We can write the midpoint of the given line segment as
$C=\left( \dfrac{-3+3}{2},\dfrac{-3+7}{2},\dfrac{4+6}{2} \right)=\left( 0,2,5 \right)$

We know that the directional ratios of the line joining $A\left( {{x}_{1}},{{y}_{1}},{{z}_{1}} \right),B\left( {{x}_{2}},{{y}_{2}},{{z}_{2}} \right)$ are ${{x}_{2}}-{{x}_{1}},{{y}_{2}}-{{y}_{1}},{{z}_{2}}-{{z}_{1}}$.
The directional ratios of AB are
$\begin{aligned} & -3-3,-3-7,4-6 \\\ & \Rightarrow -6,-10,-2 \\\ & \Rightarrow 3,5,1 \\\ \end{aligned}$
We know that the equation of a plane whose directional ratios of the normal are $a,b,c$is $ax+by+cz=k$.
We know that the line AB acts as a normal to the plane. So, we can conclude that the directional ratios of the line AB are the directional ratios of the normal of the required plane. We can write the equation of the required plane as
$3x+5y+z=k\to \left( 1 \right)$
We know that the point $C\left( 0,2,5 \right)$ lies on the plane in equation-1. By substituting in equation-1, we get
$\begin{aligned} & 3\times 0+5\times 2+5=k \\\ & \Rightarrow k=10+5=15 \\\ \end{aligned}$
So, the required plane is
$3x+5y+z=15$
Let us consider point in option-A
$\left( 4,1,7 \right)$. Substituting in the equation of the plane, we get
$\begin{aligned} & 3\times 4+5\times 1+7=15 \\\ & 24=15 \\\ \end{aligned}$
This is not true. So, option-A doesn’t lie on the plane.
Let us consider point in option-B
$\left( 4,1,-2 \right)$. Substituting in the equation of the plane, we get
$\begin{aligned} & 3\times 4+5\times 1+-2=15 \\\ & 15=15 \\\ \end{aligned}$
This is true. So, option-B lies on the plane.
Let us consider point in option-C
$\left( 2,3,5 \right)$. Substituting in the equation of the plane, we get
$\begin{aligned} & 3\times 2+5\times 3+5=15 \\\ & 26=15 \\\ \end{aligned}$
This is not true. So, option-C doesn’t lie on the plane.
Let us consider point in option-D
$\left( 2,1,3 \right)$. Substituting in the equation of the plane, we get
$\begin{aligned} & 3\times 2+5\times 1+3=15 \\\ & 14=15 \\\ \end{aligned}$
This is not true. So, option-D doesn’t lie on the plane.
$\therefore$The point in option-B lies on the required plane $3x+5y+z=15$.

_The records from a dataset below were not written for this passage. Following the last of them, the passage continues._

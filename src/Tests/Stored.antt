-- ===== src/Tests/Stored.antt =====
-- Two messages that wait for a user, the second one shorter.
use model_lib.Base.{◌≡◌, refl, List, [], ◌∷◌, ◌++◌, some, arith, pos, ℤ, if◌then◌else◌}
use model_lib.CString.{Text, text, str_eq, copy_str}
use model_lib.CString.Decimal.{show_int, show_nat, atoi}
use model_lib.Packet.{SendPack, zero_pack, Node, zero_node}
use model_lib.Packet.Cmd
use model_lib.Server.{Row, Answer, Env, Server, ok}
use model_lib.Server.Keeps.{All}
use model_lib.Sqlite.Sql.{select_text, select_int}
use model_lib.Sqlite.Rows.{inport_row, inport_column, copy_value}
use model_lib.Sqlite.Search.{Imports}
use model_lib.Handle.Send.Single.{id_query}
use model_lib.Handle.Friends.{handle_message}
use model_lib.Handle.Friends.Marks.{unchecked_query}
use model_lib.Handle.Friends.Stored.{Known, arrivals, readings, handle_message-unchecked}
use model_lib.Tests.{
  alice, secret, question, reply, alice-IsString, secret-IsString, reply-IsString, alice_row, found,
  answering, idle, connection,
}
use model_lib.Tests.Requests.{current}

abbrev stored_row : Text → Row
stored_row message =
    (text "dec", some (text "unchecked"))
    ∷ (text "id1", some (show_int (pos 2)))
    ∷ (text "message", some message)
    ∷ []

abbrev stored_node : Text → Node
stored_node message = record zero_node { dec = text "unchecked"; id1 = pos 2; message = message }

abbrev rows : List Row
rows = stored_row reply ∷ stored_row secret ∷ []

abbrev waiting : List Node
waiting = stored_node reply ∷ stored_node secret ∷ []

-- The sender is called like Alice.
abbrev answers : Text → Answer
answers sql = if str_eq sql (unchecked_query alice) then found rows else found (alice_row ∷ [])

abbrev mailbox : Env
mailbox = record (answering []) { exec = λ history sql. answers sql }

asked : answers (unchecked_query alice) ≡ found rows
unfolding str_eq select_text text
asked = refl

named : answers (id_query (pos 2)) ≡ found (alice_row ∷ [])
unfolding str_eq select_int select_text text show_int show_nat
named = refl

rows-Imports : Imports rows waiting
unfolding inport_row inport_column copy_value copy_str show_int show_nat atoi text str_eq
rows-Imports = (refl, (refl, tt))

abbrev sender : ℤ → Text
sender id = alice

abbrev read_new : SendPack
read_new = record zero_pack { send_id1 = pos 2 }

-- The columns behind the name.
abbrev behind_name : Row
behind_name =
    (text "pswd", some secret)
    ∷ (text "ques", some question)
    ∷ (text "answ", some reply)
    ∷ (text "id1", some (show_int (pos 1)))
    ∷ []

waiting-Known : All (Known mailbox sender) waiting
waiting-Known = (
  record {
    id = omega arith;
    message = reply-IsString;
    name = alice-IsString;
    column = text "name";
    others = behind_name;
    known = λ history. named;
  },
  (
    record {
      id = omega arith;
      message = secret-IsString;
      name = alice-IsString;
      column = text "name";
      others = behind_name;
      known = λ history. named;
    },
    tt,
  ),
)

handle_message-unchecked_example :
    (t : Server) × (handle_message mailbox connection read_new current idle ≡ ok tt t)
    × (t.sent
        ≡ arrivals mailbox sender connection zero_pack
            (stored_node secret ∷ stored_node reply ∷ []))
    × (t.db
        ≡ unchecked_query alice
          ∷ readings mailbox sender alice (stored_node secret ∷ stored_node reply ∷ []))
    × (t.online_user ≡ [])
handle_message-unchecked_example =
    handle_message-unchecked mailbox sender connection read_new current idle (found rows) waiting
      refl alice-IsString (omega arith) asked rows-Imports (omega arith) waiting-Known refl

-- The second packet's text ends with the rest of the first one's.
arrivals_texts :
    arrivals mailbox sender connection zero_pack (stored_node secret ∷ stored_node reply ∷ [])
    ≡ (
      connection,
      record zero_pack { send_cmd = Cmd.muti_send; sourse_name = alice; send_msg0 = secret },
    )
      ∷ (
        connection,
        record zero_pack {
          send_cmd = Cmd.muti_send;
          sourse_name = alice;
          send_msg0 = reply ++ 119 ∷ [];
        },
      )
      ∷ []
arrivals_texts = refl
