-- ===== src/Jolokia.antt =====
-- The texts of src/diamond/collectors/jolokia/jolokia.py: the names of metrics, and what is sent in
-- a request.
pub mod Names
pub mod Escape
pub mod Beans
pub mod Collect
pub mod Hosts
pub mod Options
use fullerite.Base.{
  ℕ, Bool, true, false, ◌&&◌, ◌||◌, not, ◌==◌, leb, Option, none, some, List, [], ◌∷◌, ◌++◌,
  if◌then◌else◌,
}
use fullerite.Base.Text.{Str, codes, split, contains}
use fullerite.Base.Dict.{Dict, insert}
use fullerite.Base.Result.{Result, ok, err, value_error, bind}

-- `["\'(){}<>\[\]]`
abbrev pub is_bracket : ℕ → Bool
is_bracket c =
    (c == b'"')
    || (c == 39)
    || (c == b'(')
    || (c == b')')
    || (c == b'{')
    || (c == b'}')
    || (c == b'<')
    || (c == b'>')
    || (c == b'[')
    || (c == b']')

-- `[:,.]`
abbrev pub is_point : ℕ → Bool
is_point c = (c == b':') || (c == b',') || (c == b'.')

-- `[a-zA-Z0-9_.+-]`
abbrev pub is_plain : ℕ → Bool
is_plain c =
    (leb b'a' c && leb c b'z')
    || (leb b'A' c && leb c b'Z')
    || (leb b'0' c && leb c b'9')
    || (c == b'_')
    || (c == b'.')
    || (c == b'+')
    || (c == b'-')

-- `re.sub` of a class of characters by nothing
abbrev pub remove : (ℕ → Bool) → Str → Str
remove p [] = []
remove p (c ∷ s) = let rest = remove p s in if p c then rest else c ∷ rest

-- `re.sub` of the runs of a class by one character; the Boolean says whether a run has begun.
abbrev pub collapse : (ℕ → Bool) → ℕ → Bool → Str → Str
collapse p d inside [] = []
collapse p d inside (c ∷ s) =
    let rest = collapse p d (p c) s in if p c then (if inside then rest else d ∷ rest) else c ∷ rest

abbrev pub is_bad : ℕ → Bool
is_bad c = not (is_plain c)

-- `clean_up` without the configured rewrites
unfoldable pub clean : Str → Str
clean s = collapse is_bad b'_' false (collapse is_point b'.' false (remove is_bracket s))

-- the configured rewrites, for `re.sub`
unfoldable pub rewrite : (Str → Str → Str → Str) → List (Str × Str) → Str → Str
rewrite sub [] s = s
rewrite sub ((old, new) ∷ rules) s = rewrite sub rules (sub old new s)

abbrev pub clean_up : (Str → Str → Str → Str) → List (Str × Str) → Str → Str
unfolding clean rewrite
clean_up sub rules s = rewrite sub rules (clean s)

-- `re.sub` of one character by itself with an exclamation mark in front
abbrev pub mark : ℕ → Str → Str
mark d [] = []
mark d (c ∷ s) = let rest = mark d s in if c == d then b'!' ∷ c ∷ rest else c ∷ rest

-- `escape_domain`, for `urllib.quote`
unfoldable pub escape_domain : (Str → Str) → Str → Str
escape_domain quote s = quote (mark b'"' (mark b'/' (mark b'!' s)))

-- `check_mbean_blacklist`
unfoldable pub check_mbean_blacklist : Str → List Str → Bool
check_mbean_blacklist mbean [] = true
check_mbean_blacklist mbean (line ∷ lines) =
    let rest = check_mbean_blacklist mbean lines in if contains mbean line then false else rest

-- `check_domain_for_blacklist`
unfoldable pub check_domain_for_blacklist : Str → List Str → Bool
check_domain_for_blacklist domain [] = false
check_domain_for_blacklist domain (line ∷ lines) =
    let rest = check_domain_for_blacklist domain lines in
    if contains line domain then true else rest

-- `for k, v in [kv.split('=') ...]`, for the parts of the text
unfoldable pub parse_pairs : List Str → Dict Str → Result (Dict Str)
unfolding split insert
parse_pairs [] d = ok d
parse_pairs (kv ∷ more) d = elim (split b'=' kv) [
  | [] ↦ err value_error
  | k ∷ [] ↦ err value_error
  | k ∷ v ∷ [] ↦ parse_pairs more (insert k v d)
  | k ∷ v ∷ u ∷ us ↦ err value_error
]

-- `MBean.parse_dimension`
unfoldable pub parse_dimension : Str → Result (Dict Str)
unfolding parse_pairs split
parse_dimension meta = parse_pairs (split b',' meta) []
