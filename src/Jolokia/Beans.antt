-- ===== src/Jolokia/Beans.antt =====
-- The state of src/diamond/collectors/jolokia/jolokia.py, `check_mbean`, and `collect_bean`. The hooks
-- that subclasses replace are those of the class itself.
use fullerite.Base.{ℕ, Bool, true, false, ◌||◌, Option, List, [], ◌∷◌, ◌++◌}
use fullerite.Base.Text.{Str, codes, str_mem}
use fullerite.Base.Dict.{lookup}
use fullerite.Base.Exec.{Exec, pure, lift, gets, ◌>>=◌, ◌>>◌}
use fullerite.Python.{Value, nil}
use fullerite.Collector.State.{World, Collector, Action, config_get}
use fullerite.Collector.Publish.{publish, report_error}
use fullerite.Collector.Run.{sample}
use fullerite.Json.{
  Json, null, flag, number, text, items, object, Fields, no_fields, field, fields_of,
}
use fullerite.Redis.Collect.{plain_value}
use fullerite.Jolokia.{clean_up}

-- The collector with what it remembers, and its options as `__init__` and `process_config` left them.
pub record Jolokia (F : Type 0) : Type 0 where
  pub collector : Collector F
  pub domain_keys : List Str
  pub last_list_request : Json F
  pub mbeans : List Str
  pub rewrites : List (Str × Str)
  pub domain_blacklist : List Str

pub record Host (F : Type 0) : Type 0 where
  pub host : Value F
  pub port : Value F

-- What is asked: the domains that changed since a time, the beans of a domain, or the values of a
-- path, each with its limit.
pub data Request (F : Type 0) : Type 0 where
  list_domains : Json F → Value F → Request F
  list_beans : Str → Value F → Request F
  read : Value F → Str → Request F

-- The values in a bean, and the action for each; lists are passed over.
unfoldable mutual
  pub bean_value :
      {F : Type 0}
      → (Str → Json F → Exec {0, 0} (Jolokia F) (Unit {0}))
      → Str
      → Json F
      → Exec {0, 0} (Jolokia F) (Unit {0})
  bean_value leaf key (object fs) = bean_fields leaf key fs
  bean_value leaf key (number n) = leaf key (number n)
  bean_value leaf key null = pure tt
  bean_value leaf key (flag b) = pure tt
  bean_value leaf key (text s) = pure tt
  bean_value leaf key (items vs) = pure tt

  pub bean_fields :
      {F : Type 0}
      → (Str → Json F → Exec {0, 0} (Jolokia F) (Unit {0}))
      → Str
      → Fields F
      → Exec {0, 0} (Jolokia F) (Unit {0})
  bean_fields leaf prefix no_fields = pure tt
  bean_fields leaf prefix (field k v fs) = do
    bean_value leaf (prefix ++ b'.' ∷ k) v
    bean_fields leaf prefix fs

module _ (w : World) (depth : ℕ) (sub : Str → Str → Str → Str) where
  open w use {float, float.{Carrier, lt_int, int_lt, is_nan}, matches, now}

  abbrev pub Step : Type 0 → Type 0
  Step A = Exec {0, 0} (Jolokia Carrier) A

  abbrev pub on_collector : {A : Type 0} → Action w A → Step A
  on_collector m s = let (r, c) = m s.collector in (r, record s { collector = c })

  abbrev pub log_error : Option Str → Step Unit
  log_error e = on_collector (report_error w depth e)

  abbrev pub setting : Str → Step (Value Carrier)
  setting key = on_collector (config_get key)

  -- a number under a cleaned name
  unfoldable pub publish_bean : Str → Json Carrier → Step Unit
  unfolding clean_up
  publish_bean key v = do
    s ← gets (λ s. s)
    elim (clean_up sub s.rewrites key) [
      | [] ↦ pure tt
      | c ∷ name ↦
          on_collector (publish w depth (sample (c ∷ name) (plain_value v) (codes "GAUGE")))
    ]

  -- `collect_bean`
  abbrev pub collect_bean : Str → Json Carrier → Step Unit
  unfolding bean_fields publish_bean
  collect_bean prefix obj = do fs ← lift (fields_of obj); bean_fields publish_bean prefix fs

  abbrev pub any_match : List Str → Str → Str → Bool
  any_match [] a b = false
  any_match (p ∷ ps) a b = matches p a || matches p b || any_match ps a b

  -- `check_mbean`, where None counts as false
  unfoldable pub check_mbean : Str → Step Bool
  unfolding clean_up lookup
  check_mbean mbean = do
    s ← gets (λ s. s)
    let fixed = clean_up sub s.rewrites mbean
    elim s.mbeans [
      | [] ↦ pure true
      | b ∷ bs ↦ (do
        regex ← setting (codes "regex")
        pure (elim regex as (λ v. Bool) [
          | nil ↦ str_mem mbean (b ∷ bs) || str_mem fixed (b ∷ bs)
          | other ↦ any_match (b ∷ bs) mbean fixed
        ]))
    ]
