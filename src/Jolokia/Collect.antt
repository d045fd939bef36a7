-- ===== src/Jolokia/Collect.antt =====
-- The requests of src/diamond/collectors/jolokia/jolokia.py and the loop over the domains, for what
-- a Jolokia agent answers.
pub mod Failed
use fullerite.Base.{
  ℕ, Bool, true, false, ◌&&◌, ◌||◌, not, Option, none, some, List, [], ◌∷◌, ◌++◌, if◌then◌else◌,
}
use fullerite.Base.Int.{pos, leb_ℤ}
use fullerite.Base.Text.{Str, codes, str_eq, str_mem}
use fullerite.Base.Dict.{lookup}
use fullerite.Base.Result.{
  Error, Result, ok, err, key_error, type_error, attribute_error, or_raise, bind,
}
use fullerite.Base.Exec.{Exec, pure, lift, gets, modify, ◌>>=◌, ◌>>◌}
use fullerite.Python.{int, long, flt, Value, nil, bool, num, str, strs}
use fullerite.Collector.State.{World, Collector, Action, config_get}
use fullerite.Collector.Publish.{is_true, publish, report_error}
use fullerite.Collector.Run.{sample, error_name, is_exception}
use fullerite.Json.{
  Json, null, flag, number, text, items, object, Fields, no_fields, field, get_field, field_names,
  fields_of, index,
}
use fullerite.Elastic.Collect.{Response, failed, document}
use fullerite.Redis.Collect.{plain_value}
use fullerite.Jolokia.{clean_up, escape_domain, check_mbean_blacklist, check_domain_for_blacklist}
use fullerite.Jolokia.Beans.{
  Jolokia, Host, Request, list_domains, list_beans, read, Step, on_collector, log_error, setting,
  collect_bean, check_mbean,
}

module _ (w : World) (depth : ℕ) (sub : Str → Str → Str → Str) (quote : Str → Str)
    (fetch : Host w.float.Carrier → Request w.float.Carrier → Response w.float.Carrier) where
  open w use {float, float.{Carrier, lt_int, int_lt, is_nan}, now}

  -- what follows a request: the document, or `{}` once the exception is logged
  unfoldable pub answer : Response Carrier → Step w depth sub (Json Carrier)
  answer (document v) = pure v
  answer (failed e) = do
    log_error w depth sub (some e)
    log_error w depth sub (some e)
    pure (object no_fields)

  -- An option that is missing is an exception of the request.
  abbrev request_with : Str → (Value Carrier → Response Carrier) → Step w depth sub (Json Carrier)
  unfolding lookup answer
  request_with key ask s = elim (lookup key s.collector.config) [
    | none ↦ answer (failed (error_name key_error)) s
    | some v ↦ answer (ask v) s
  ]

  -- `list_request` without and with a path, and `read_request`
  unfoldable pub list_request : Host Carrier → Option Str → Step w depth sub (Json Carrier)
  unfolding request_with
  list_request h none = do
    s ← gets (λ s. s)
    request_with (codes "listing_max_depth")
        (λ most. fetch h (list_domains s.last_list_request most))
  list_request h (some path) =
      request_with (codes "listing_max_depth") (λ most. fetch h (list_beans path most))

  unfoldable pub read_request : Host Carrier → Str → Bool → Step w depth sub (Json Carrier)
  unfolding request_with escape_domain
  read_request h path bean =
      let escaped = escape_domain quote path in
      request_with (codes "read_limit")
        (λ limit. fetch h (read limit (if bean then escaped else escaped ++ codes ":*")))

  -- `v == 200`
  abbrev pub is_200 : Json Carrier → Bool
  is_200 (number (int n)) = leb_ℤ n (pos 200) && leb_ℤ (pos 200) n
  is_200 (number (long n)) = leb_ℤ n (pos 200) && leb_ℤ (pos 200) n
  is_200 (number (flt x)) = not (lt_int x (pos 200)) && not (int_lt (pos 200) x) && not (is_nan x)
  is_200 v = false

  -- `obj['value'] if obj['status'] == 200 else {}`
  unfoldable pub value_of : Json Carrier → Result (Json Carrier)
  unfolding index
  value_of obj =
      bind (index obj (codes "status"))
        λ s. if is_200 s then index obj (codes "value") else ok (object no_fields)

  -- `read_metric_path`
  unfoldable pub read_metric_path : Host Carrier → Str → Step w depth sub Unit
  unfolding read_request value_of
  read_metric_path h path = do
    obj ← read_request h path true
    v ← lift (value_of obj)
    collect_bean w depth sub path v

  -- the beans of a domain that no line of the black list names
  unfoldable pub read_allowed : Host Carrier → Str → List Str → List Str → Step w depth sub Unit
  unfolding read_metric_path check_mbean_blacklist
  read_allowed h prefix blacklist [] = pure tt
  read_allowed h prefix blacklist (path ∷ paths) = do
    let full = prefix ++ b':' ∷ path
    if check_mbean_blacklist full blacklist then read_metric_path h full else pure tt
    read_allowed h prefix blacklist paths

  -- `except KeyError: self.log.error(...)`
  abbrev pub or_log : Step w depth sub Unit → Step w depth sub Unit
  or_log m s =
      let (r, t) = m s in
      elim r [
        | ok u ↦ (ok tt, t)
        | err key_error ↦ log_error w depth sub (some (error_name key_error)) t
        | err e ↦ (err e, t)
      ]

  -- the names of a document's items
  abbrev keys_of : Json Carrier → Result (List Str)
  keys_of v = bind (fields_of v) λ fs. ok (field_names fs)

  -- `read_except_blacklist`
  unfoldable pub read_except_blacklist : Host Carrier → Str → List Str → Step w depth sub Unit
  unfolding list_request value_of read_allowed
  read_except_blacklist h prefix blacklist = do
    listing ← list_request h (some prefix)
    or_log (do
      domains ← lift (bind (value_of listing) keys_of)
      read_allowed h prefix blacklist domains)

  -- the beans that are wanted
  unfoldable pub collect_beans : Fields Carrier → Step w depth sub Unit
  unfolding check_mbean
  collect_beans no_fields = pure tt
  collect_beans (field k v fs) = do
    wanted ← check_mbean w depth sub k
    if wanted then collect_bean w depth sub k v else pure tt
    collect_beans fs

  abbrev list_of : Value Carrier → Result (List Str)
  list_of (strs l) = ok l
  list_of v = err type_error

  -- a domain, all at once
  unfoldable pub read_domain : Host Carrier → Str → Step w depth sub Unit
  unfolding read_request value_of collect_beans
  read_domain h domain = do
    obj ← read_request h domain false
    v ← lift (value_of obj)
    fs ← lift (fields_of v)
    collect_beans fs

  -- `publish_metric_from_domain`; the black list is taken for a list.
  unfoldable pub publish_metric_from_domain : Host Carrier → Str → Step w depth sub Unit
  unfolding lookup check_domain_for_blacklist read_except_blacklist read_domain
  publish_metric_from_domain h domain = do
    v ← setting w depth sub (codes "mbean_blacklist")
    blacklist ← lift (list_of v)
    let listed = read_except_blacklist h domain blacklist
    let whole = read_domain h domain
    if check_domain_for_blacklist domain blacklist then listed else whole

  -- the loop over the domains
  unfoldable pub collect_domains : Host Carrier → List Str → Step w depth sub Unit
  unfolding publish_metric_from_domain
  collect_domains h [] = pure tt
  collect_domains h (domain ∷ domains) = do
    s ← gets (λ s. s)
    if str_mem domain s.domain_blacklist then pure tt else publish_metric_from_domain h domain
    collect_domains h domains

  -- `listing.get('timestamp', int(time.time()))`
  abbrev stamp : Json Carrier → Result (Json Carrier)
  unfolding get_field
  stamp (object fs) =
      ok (elim (get_field (codes "timestamp") fs) [ none ↦ number (int now) | some t ↦ t ])
  stamp v = err attribute_error

  abbrev remember_keys : Json Carrier → Json Carrier → Step w depth sub Unit
  unfolding stamp
  remember_keys listing domains = do
    keys ← lift (keys_of domains)
    t ← lift (stamp listing)
    modify (λ s. record s { domain_keys = keys; last_list_request = t })

  -- The domains and the time of a listing are remembered where its status is 200.
  unfoldable pub remember : Json Carrier → Step w depth sub Unit
  unfolding value_of remember_keys index
  remember listing = do
    domains ← lift (value_of listing)
    status ← lift (index listing (codes "status"))
    if is_200 status then remember_keys listing domains else pure tt

  -- a host
  unfoldable pub collect_host : Host Carrier → Step w depth sub Unit
  unfolding list_request remember collect_domains
  collect_host h = do
    listing ← list_request h none
    or_log (do remember listing; s ← gets (λ s. s); collect_domains h s.domain_keys)

  unfoldable pub collect_hosts : List (Host Carrier) → Step w depth sub Unit
  unfolding collect_host
  collect_hosts [] = pure tt
  collect_hosts (h ∷ hs) = do collect_host h; collect_hosts hs
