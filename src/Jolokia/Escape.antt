-- ===== src/Jolokia/Escape.antt =====
-- What `escape_domain` of src/diamond/collectors/jolokia/jolokia.py sends.
use fullerite.Base.{
  ℕ, false, ◌≡◌, refl, ap, ◌∙◌, ◌==◌, Bool-cases, inl, inr, [], ◌∷◌, arith, if◌then◌else◌,
}
use fullerite.Base.Text.{Str}
use fullerite.Jolokia.{mark, escape_domain}

-- How Jolokia reads an escaped text: the character behind an exclamation mark stands for itself.
unfoldable pub unescape : Str → Str
unescape [] = []
unescape (c ∷ []) = c ∷ []
unescape (c ∷ d ∷ s) =
    let short = unescape s in
    let long = unescape (d ∷ s) in if c == b'!' then d ∷ short else c ∷ long

unescape_plain : (c : ℕ) (t : Str) → (c == b'!') ≡ false → unescape (c ∷ t) ≡ c ∷ unescape t
unfolding unescape
unescape_plain c [] h = refl
unescape_plain c (d ∷ t) h = ground arith

unescape-mark : (s : Str) → unescape (mark b'"' (mark b'/' (mark b'!' s))) ≡ s
unfolding unescape
unescape-mark [] = refl
unescape-mark (c ∷ s) =
    let rest = mark b'"' (mark b'/' (mark b'!' s)) in
    elim (Bool-cases (c == b'!')) [
      | inl here ↦ ground (arith, unescape-mark s)
      | inr there ↦ elim (Bool-cases (c == b'/')) [
        | inl slash ↦ ground (arith, unescape-mark s)
        | inr other ↦ elim (Bool-cases (c == b'"')) [
          | inl quoted ↦ ground (arith, unescape-mark s)
          | inr plain ↦ ground (arith, unescape_plain c rest there, unescape-mark s)
        ]
      ]
    ]

-- For a quoting that can be undone, an escaped domain, unquoted and read with an exclamation mark
-- standing for the character behind it, is the domain again.
pub unescape-escape_domain :
    (quote unquote : Str → Str) (s : Str)
    → ((t : Str) → unquote (quote t) ≡ t)
    → unescape (unquote (escape_domain quote s)) ≡ s
unfolding escape_domain
unescape-escape_domain quote unquote s h =
    ap unescape (h (mark b'"' (mark b'/' (mark b'!' s)))) ∙ unescape-mark s
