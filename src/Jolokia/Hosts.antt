-- ===== src/Jolokia/Hosts.antt =====
-- The hosts of src/diamond/collectors/jolokia/jolokia.py, and `collect`.
use fullerite.Base.{ℕ, Option, none, some, List, [], ◌∷◌, if◌then◌else◌}
use fullerite.Base.Text.{Str, codes}
use fullerite.Base.Dict.{lookup}
use fullerite.Base.Result.{Result, ok, err, key_error, or_raise, bind}
use fullerite.Base.Exec.{pure, ◌>>=◌, ◌>>◌}
use fullerite.Python.{Value, nil}
use fullerite.Collector.State.{World}
use fullerite.Collector.Publish.{is_true}
use fullerite.Collector.Run.{error_name}
use fullerite.Json.{Json, Fields, no_fields, field, get_field, fields_of, index}
use fullerite.Elastic.Collect.{Response, failed, document}
use fullerite.Redis.Collect.{plain_value}
use fullerite.Jolokia.Beans.{Host, Request, Step, log_error, setting}
use fullerite.Jolokia.Collect.{collect_hosts}

module _ (w : World) (depth : ℕ) (sub : Str → Str → Str → Str) (quote : Str → Str)
    (fetch : Host w.float.Carrier → Request w.float.Carrier → Response w.float.Carrier) where
  open w use {float, float.{Carrier}}

  -- the hosts of the services, all with the configured port
  unfoldable pub service_hosts :
      Fields Carrier → Option (Value Carrier) → Result (List (Host Carrier))
  service_hosts no_fields port = ok []
  service_hosts (field name v fs) port = bind (fields_of v) λ inner.
      bind (or_raise port key_error) λ p. bind (service_hosts fs port) λ hosts.
        let found : Value Carrier = elim (get_field (codes "host") inner) [
          | none ↦ nil
          | some h ↦ plain_value h
        ] in
        ok (record { host = found; port = p } ∷ hosts)

  abbrev services : Json Carrier → Option (Value Carrier) → Result (List (Host Carrier))
  unfolding index service_hosts
  services doc port =
      bind (index doc (codes "services")) λ s. bind (fields_of s) λ fs. service_hosts fs port

  -- `read_host_list`, for the document of the file, or the exception of its opening or its parser
  unfoldable pub read_host_list : Response Carrier → Step w depth sub (List (Host Carrier))
  unfolding services lookup
  read_host_list (failed e) s = (do log_error w depth sub (some e); pure []) s
  read_host_list (document doc) s = elim (services doc (lookup (codes "port") s.collector.config)) [
    | ok hosts ↦ (ok hosts, s)
    | err e ↦ (do log_error w depth sub (some (error_name e)); pure []) s
  ]

  abbrev own_host : Step w depth sub (List (Host Carrier))
  own_host = do
    h ← setting w depth sub (codes "host")
    p ← setting w depth sub (codes "port")
    pure (record { host = h; port = p } ∷ [])

  -- `collect`
  unfoldable pub collect_jolokia : Response Carrier → Step w depth sub Unit
  unfolding collect_hosts read_host_list lookup
  collect_jolokia doc = do
    several ← setting w depth sub (codes "multiple_hosts_mode")
    hosts ← if is_true w several then read_host_list doc else own_host
    collect_hosts w depth sub quote fetch hosts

So, the correct answer is “Option B”.

Note: We can see the diagram below and visualise the answer. The blue surface is the required plane $3x+5y+z=15$. The point C is the midpoint of the line AB and lies on the given plane. This question can have multiple answers but some students tend to stop after the answer of option-B. We have only a single answer in this question but there can be multiple answers and students should be careful while choosing the answer.